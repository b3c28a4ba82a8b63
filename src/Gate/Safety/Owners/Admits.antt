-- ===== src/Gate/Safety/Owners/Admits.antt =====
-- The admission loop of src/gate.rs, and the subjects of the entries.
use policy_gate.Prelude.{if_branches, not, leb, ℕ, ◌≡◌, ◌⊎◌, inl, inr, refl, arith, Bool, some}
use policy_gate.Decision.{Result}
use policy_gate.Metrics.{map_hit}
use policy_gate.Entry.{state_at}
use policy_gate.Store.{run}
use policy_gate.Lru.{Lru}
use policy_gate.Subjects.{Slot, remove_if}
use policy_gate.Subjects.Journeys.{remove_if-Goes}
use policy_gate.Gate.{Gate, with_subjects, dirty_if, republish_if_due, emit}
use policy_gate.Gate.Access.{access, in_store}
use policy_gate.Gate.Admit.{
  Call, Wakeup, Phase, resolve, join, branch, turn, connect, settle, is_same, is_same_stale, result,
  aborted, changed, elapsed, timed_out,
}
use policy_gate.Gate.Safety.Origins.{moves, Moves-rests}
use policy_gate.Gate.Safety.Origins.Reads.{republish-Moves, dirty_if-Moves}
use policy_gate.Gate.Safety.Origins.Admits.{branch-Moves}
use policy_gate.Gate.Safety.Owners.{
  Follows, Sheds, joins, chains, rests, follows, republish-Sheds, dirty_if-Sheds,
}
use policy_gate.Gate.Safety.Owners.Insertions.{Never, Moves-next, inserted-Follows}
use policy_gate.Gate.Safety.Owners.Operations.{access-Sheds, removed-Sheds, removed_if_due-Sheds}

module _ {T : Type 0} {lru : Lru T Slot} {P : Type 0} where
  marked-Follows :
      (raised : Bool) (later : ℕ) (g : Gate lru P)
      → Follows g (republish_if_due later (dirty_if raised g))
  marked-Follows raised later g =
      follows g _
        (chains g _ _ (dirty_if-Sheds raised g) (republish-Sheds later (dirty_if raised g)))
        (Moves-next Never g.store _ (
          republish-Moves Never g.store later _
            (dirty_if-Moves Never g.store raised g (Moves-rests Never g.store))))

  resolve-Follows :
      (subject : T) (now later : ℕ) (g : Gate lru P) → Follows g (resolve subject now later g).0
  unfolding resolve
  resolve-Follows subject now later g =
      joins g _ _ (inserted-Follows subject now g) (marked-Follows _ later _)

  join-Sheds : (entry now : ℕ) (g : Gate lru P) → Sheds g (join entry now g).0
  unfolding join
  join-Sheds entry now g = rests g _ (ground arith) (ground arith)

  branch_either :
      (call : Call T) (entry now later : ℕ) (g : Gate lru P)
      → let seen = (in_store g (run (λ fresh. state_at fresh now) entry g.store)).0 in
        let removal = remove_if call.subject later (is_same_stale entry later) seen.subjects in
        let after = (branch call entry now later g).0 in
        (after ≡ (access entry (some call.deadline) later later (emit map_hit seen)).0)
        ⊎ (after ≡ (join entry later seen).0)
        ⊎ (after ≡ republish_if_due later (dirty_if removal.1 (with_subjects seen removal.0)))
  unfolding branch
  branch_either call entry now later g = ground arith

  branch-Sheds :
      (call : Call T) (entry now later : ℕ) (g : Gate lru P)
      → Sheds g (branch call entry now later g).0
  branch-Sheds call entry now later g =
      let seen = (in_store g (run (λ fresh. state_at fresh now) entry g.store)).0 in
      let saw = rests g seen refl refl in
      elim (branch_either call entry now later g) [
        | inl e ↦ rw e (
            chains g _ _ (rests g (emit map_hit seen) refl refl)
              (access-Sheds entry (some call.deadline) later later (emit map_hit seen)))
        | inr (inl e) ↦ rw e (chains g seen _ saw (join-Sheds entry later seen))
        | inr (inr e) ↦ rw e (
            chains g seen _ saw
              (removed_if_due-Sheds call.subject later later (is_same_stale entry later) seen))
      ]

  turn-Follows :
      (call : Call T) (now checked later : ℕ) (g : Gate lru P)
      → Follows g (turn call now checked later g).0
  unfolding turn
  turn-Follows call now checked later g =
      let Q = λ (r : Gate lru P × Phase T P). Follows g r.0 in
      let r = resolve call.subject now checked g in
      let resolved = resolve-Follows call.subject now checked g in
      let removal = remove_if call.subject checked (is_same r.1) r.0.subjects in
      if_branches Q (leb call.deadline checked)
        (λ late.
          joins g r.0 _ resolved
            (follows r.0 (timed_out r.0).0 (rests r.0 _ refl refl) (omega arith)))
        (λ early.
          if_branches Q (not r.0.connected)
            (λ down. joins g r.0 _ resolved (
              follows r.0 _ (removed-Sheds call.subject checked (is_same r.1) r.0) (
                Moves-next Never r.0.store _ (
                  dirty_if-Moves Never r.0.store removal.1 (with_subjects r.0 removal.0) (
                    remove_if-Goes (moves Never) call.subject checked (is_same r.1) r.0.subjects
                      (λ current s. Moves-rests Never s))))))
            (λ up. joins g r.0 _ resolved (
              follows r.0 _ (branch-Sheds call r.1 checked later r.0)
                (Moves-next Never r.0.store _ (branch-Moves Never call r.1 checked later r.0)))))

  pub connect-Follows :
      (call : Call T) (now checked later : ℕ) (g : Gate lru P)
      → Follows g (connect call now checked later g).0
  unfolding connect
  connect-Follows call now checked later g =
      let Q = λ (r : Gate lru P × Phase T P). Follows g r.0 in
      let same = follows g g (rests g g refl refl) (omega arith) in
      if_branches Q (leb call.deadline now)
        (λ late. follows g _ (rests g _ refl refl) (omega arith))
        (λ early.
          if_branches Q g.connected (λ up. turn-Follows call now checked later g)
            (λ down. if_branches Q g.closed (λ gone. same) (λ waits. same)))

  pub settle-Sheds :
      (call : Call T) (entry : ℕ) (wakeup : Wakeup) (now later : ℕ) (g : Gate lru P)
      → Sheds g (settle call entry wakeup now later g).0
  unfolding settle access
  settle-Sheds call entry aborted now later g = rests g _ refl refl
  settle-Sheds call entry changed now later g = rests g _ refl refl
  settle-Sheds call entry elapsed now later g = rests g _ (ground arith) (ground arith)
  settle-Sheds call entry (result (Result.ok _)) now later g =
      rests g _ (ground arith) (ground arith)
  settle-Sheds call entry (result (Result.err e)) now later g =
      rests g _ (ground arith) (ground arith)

◆ ◆ ◆ ◆ ◆ ◆ ◆

- _What to do_
Please tally the lines above that contain "connected" and report nothing but the total.

- _Output for this exercise_
2